> **Exercise goal**: Copy each line of the data below with the word "drivers".

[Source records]
--------------------------------------------------
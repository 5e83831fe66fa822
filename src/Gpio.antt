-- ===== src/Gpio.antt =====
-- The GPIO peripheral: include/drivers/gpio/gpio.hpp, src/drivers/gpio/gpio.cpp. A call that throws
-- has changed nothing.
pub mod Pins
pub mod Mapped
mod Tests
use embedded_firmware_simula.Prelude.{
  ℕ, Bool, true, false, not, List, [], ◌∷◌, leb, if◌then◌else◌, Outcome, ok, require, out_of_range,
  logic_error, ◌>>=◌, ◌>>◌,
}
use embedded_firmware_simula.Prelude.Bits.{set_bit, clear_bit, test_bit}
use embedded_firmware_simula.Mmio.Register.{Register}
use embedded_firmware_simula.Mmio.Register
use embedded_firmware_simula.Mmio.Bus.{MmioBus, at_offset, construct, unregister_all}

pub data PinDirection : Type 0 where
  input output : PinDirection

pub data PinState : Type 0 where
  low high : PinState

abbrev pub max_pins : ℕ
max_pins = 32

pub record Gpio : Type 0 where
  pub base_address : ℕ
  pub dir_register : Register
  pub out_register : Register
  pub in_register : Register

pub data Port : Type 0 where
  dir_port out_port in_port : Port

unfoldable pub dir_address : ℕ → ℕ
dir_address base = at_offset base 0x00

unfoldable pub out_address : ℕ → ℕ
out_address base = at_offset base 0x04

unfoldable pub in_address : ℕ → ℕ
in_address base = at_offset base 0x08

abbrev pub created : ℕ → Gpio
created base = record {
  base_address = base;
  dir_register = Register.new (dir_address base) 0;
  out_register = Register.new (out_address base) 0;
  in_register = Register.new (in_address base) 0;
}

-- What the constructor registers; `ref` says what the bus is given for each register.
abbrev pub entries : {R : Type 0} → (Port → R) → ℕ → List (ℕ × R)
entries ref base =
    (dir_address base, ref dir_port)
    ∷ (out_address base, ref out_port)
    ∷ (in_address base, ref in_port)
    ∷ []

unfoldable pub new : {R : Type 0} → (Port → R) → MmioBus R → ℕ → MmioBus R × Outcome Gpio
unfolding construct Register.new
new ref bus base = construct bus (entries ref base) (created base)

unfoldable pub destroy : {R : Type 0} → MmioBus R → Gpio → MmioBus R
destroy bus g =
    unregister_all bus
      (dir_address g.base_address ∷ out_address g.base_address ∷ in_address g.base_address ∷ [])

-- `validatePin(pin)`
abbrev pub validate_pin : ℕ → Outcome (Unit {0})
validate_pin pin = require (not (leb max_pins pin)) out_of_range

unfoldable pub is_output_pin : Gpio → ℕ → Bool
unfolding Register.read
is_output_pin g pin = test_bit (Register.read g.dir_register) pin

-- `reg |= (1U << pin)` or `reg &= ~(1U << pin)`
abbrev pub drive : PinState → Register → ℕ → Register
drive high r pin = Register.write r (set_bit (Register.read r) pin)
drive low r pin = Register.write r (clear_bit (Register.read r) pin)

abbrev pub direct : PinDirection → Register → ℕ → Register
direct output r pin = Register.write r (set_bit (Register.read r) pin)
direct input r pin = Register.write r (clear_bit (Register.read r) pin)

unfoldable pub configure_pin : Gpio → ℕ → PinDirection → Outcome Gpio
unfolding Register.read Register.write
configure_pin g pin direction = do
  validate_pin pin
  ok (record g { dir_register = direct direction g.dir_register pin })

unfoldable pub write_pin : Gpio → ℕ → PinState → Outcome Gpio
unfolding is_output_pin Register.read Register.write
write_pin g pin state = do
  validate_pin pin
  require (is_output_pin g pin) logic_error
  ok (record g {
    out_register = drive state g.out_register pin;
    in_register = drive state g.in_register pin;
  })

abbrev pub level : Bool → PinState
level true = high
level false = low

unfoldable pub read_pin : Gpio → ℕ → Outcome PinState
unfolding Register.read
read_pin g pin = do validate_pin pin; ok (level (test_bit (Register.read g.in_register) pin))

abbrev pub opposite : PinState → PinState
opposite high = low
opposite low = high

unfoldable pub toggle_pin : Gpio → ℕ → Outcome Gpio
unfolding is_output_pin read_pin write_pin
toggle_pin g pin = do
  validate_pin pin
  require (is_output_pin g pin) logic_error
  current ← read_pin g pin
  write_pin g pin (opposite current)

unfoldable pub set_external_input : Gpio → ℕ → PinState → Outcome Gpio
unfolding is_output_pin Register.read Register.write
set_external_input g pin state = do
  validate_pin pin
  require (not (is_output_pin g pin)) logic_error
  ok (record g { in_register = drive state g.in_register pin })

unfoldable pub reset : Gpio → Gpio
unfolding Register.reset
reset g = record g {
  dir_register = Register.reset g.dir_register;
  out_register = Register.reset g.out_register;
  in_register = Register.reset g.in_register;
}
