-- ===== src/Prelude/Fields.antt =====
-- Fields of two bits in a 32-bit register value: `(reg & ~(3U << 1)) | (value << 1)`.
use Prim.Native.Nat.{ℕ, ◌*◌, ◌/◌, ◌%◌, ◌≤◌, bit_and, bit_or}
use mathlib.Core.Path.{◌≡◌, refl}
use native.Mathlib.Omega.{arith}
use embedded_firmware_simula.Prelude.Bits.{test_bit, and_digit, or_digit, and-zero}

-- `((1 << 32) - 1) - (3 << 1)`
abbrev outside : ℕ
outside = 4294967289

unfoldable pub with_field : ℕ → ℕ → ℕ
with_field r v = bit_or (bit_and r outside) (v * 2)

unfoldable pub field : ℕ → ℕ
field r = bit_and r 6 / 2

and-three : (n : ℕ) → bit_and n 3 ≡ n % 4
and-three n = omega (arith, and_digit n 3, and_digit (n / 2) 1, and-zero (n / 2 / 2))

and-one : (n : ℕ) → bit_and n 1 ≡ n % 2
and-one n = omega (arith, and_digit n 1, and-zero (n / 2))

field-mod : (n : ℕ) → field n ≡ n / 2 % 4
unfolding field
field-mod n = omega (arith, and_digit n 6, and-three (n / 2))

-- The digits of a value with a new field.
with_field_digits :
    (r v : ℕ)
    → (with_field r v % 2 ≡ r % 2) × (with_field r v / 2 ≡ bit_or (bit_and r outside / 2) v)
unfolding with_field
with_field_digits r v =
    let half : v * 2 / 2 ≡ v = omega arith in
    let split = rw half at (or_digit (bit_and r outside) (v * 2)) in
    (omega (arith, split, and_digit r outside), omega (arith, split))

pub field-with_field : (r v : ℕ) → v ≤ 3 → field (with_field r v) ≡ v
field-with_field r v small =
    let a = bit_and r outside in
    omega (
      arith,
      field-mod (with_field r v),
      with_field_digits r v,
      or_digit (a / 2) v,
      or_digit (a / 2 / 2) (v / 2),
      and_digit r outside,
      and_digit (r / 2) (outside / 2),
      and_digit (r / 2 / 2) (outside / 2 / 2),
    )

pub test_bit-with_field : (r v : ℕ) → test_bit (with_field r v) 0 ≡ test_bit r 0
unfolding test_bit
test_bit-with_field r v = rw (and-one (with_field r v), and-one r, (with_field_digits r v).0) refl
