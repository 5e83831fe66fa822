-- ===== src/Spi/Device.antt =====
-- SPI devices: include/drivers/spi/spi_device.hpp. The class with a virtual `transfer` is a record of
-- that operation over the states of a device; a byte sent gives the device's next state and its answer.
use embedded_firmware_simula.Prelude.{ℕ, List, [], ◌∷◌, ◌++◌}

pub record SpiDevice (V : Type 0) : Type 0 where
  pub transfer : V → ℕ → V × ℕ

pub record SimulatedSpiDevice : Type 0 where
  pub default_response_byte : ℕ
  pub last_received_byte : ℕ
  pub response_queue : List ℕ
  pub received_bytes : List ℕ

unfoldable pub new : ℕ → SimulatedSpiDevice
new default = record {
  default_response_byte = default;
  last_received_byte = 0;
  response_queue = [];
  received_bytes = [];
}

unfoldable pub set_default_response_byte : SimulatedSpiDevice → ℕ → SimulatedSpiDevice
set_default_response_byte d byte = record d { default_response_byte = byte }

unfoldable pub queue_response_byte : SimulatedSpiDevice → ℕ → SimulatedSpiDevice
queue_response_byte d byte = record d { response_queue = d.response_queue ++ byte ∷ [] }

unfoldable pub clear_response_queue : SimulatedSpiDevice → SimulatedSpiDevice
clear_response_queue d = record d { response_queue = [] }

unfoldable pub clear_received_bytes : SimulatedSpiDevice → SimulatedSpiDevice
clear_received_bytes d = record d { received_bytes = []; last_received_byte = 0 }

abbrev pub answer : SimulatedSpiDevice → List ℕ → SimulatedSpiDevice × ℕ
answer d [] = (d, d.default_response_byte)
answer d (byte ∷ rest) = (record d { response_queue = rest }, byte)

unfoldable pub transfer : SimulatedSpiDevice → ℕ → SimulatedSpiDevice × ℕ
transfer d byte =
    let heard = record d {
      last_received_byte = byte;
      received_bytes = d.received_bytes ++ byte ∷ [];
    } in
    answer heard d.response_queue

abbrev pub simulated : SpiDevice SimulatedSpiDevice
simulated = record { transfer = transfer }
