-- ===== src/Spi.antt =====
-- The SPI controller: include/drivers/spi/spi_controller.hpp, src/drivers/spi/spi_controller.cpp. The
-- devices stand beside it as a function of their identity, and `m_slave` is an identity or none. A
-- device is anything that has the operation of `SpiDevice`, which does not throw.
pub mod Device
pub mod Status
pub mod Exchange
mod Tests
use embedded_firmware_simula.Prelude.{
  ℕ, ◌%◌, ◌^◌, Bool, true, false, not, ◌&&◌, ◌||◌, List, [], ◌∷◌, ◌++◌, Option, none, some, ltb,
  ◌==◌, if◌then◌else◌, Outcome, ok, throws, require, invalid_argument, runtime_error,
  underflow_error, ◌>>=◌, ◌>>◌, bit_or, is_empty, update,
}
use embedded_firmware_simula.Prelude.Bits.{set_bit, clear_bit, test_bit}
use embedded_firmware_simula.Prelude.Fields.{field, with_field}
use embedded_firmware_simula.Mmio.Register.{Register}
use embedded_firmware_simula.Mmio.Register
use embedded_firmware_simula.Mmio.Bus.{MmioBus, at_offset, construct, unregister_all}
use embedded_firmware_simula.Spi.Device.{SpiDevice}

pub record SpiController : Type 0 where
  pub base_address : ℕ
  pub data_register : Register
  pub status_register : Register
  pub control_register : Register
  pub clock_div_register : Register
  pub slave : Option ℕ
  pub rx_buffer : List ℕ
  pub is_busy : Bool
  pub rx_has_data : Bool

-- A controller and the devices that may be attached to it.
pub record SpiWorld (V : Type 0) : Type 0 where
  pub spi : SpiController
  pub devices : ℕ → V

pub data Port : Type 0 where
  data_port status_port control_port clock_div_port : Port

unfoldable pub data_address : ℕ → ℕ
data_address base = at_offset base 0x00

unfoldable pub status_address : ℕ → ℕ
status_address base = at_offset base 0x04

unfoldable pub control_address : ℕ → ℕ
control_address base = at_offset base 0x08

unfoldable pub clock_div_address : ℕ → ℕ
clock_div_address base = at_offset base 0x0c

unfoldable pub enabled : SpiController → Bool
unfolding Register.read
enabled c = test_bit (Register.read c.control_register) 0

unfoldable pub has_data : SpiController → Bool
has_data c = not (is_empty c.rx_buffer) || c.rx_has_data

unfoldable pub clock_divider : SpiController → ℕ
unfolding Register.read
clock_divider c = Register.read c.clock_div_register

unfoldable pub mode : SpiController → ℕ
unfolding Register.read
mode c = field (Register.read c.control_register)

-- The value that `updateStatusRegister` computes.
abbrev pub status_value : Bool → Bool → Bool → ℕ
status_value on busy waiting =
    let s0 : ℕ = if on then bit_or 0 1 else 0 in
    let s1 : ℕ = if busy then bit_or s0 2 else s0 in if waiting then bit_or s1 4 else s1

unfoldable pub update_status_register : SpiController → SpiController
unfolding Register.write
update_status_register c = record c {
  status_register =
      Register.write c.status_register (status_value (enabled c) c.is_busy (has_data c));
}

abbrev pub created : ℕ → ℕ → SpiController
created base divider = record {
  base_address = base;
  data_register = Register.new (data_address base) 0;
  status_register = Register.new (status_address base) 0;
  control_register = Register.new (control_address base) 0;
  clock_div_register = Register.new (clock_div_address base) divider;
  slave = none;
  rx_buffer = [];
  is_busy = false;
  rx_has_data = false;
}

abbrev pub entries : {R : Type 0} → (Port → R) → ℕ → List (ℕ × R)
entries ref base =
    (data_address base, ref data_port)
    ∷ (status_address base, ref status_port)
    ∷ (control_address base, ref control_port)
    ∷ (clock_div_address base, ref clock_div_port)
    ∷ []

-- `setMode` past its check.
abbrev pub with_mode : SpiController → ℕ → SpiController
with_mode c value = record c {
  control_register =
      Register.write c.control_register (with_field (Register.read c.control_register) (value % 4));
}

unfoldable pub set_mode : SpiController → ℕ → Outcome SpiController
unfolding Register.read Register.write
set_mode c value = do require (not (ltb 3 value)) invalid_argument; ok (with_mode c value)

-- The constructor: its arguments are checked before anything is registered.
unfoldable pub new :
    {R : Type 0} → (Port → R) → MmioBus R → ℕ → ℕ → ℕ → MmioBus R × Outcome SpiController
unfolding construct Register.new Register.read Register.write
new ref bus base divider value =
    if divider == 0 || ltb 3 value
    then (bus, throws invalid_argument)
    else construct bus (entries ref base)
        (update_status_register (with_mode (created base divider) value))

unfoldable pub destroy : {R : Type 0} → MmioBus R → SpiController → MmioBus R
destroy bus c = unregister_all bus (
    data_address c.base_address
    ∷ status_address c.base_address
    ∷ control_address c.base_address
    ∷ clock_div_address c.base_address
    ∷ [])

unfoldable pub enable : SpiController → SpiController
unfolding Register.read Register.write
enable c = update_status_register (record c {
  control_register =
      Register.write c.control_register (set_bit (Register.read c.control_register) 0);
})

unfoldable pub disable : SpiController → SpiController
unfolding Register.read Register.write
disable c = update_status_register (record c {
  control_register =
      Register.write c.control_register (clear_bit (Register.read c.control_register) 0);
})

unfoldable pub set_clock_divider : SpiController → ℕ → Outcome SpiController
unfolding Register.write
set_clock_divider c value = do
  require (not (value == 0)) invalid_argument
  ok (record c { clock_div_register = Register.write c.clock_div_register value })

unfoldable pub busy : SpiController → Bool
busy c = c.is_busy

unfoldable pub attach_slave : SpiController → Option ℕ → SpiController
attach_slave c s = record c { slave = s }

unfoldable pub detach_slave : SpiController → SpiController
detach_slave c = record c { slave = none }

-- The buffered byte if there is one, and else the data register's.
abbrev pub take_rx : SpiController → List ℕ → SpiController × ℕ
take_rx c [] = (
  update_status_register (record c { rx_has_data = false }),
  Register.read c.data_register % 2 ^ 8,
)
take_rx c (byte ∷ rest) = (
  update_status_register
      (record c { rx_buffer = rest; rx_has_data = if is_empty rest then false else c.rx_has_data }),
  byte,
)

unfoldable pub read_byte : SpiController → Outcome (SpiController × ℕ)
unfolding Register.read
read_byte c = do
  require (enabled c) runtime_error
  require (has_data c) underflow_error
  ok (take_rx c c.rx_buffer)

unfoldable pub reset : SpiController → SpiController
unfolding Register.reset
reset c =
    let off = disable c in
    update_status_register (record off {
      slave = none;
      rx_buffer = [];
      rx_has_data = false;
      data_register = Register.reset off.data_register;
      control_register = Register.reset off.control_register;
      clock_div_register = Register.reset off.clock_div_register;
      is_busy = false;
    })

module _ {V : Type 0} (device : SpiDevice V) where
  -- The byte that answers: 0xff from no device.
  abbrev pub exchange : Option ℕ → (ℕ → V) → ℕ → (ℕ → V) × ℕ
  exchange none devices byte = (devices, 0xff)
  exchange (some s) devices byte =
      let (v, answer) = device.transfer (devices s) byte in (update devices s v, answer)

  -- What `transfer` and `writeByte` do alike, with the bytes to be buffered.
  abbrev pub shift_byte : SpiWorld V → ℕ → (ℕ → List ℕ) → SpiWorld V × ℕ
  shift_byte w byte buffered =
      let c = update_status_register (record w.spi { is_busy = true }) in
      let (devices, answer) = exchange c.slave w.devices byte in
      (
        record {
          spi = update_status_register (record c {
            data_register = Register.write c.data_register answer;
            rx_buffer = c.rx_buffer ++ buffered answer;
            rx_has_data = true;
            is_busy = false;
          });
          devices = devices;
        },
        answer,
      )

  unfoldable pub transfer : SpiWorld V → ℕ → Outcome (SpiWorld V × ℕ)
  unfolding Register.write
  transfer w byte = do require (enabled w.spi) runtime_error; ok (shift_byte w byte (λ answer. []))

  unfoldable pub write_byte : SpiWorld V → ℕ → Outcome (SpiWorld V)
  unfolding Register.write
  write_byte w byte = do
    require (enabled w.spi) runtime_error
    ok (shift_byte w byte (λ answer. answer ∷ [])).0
--------------------------------------------------
> **Output of the exercise**:
-- The GPIO peripheral: include/drivers/gpio/gpio.hpp, src/drivers/gpio/gpio.cpp. A call that throws
-- SPI devices: include/drivers/spi/spi_device.hpp. The class with a virtual `transfer` is a record of
-- The SPI controller: include/drivers/spi/spi_controller.hpp, src/drivers/spi/spi_controller.cpp. The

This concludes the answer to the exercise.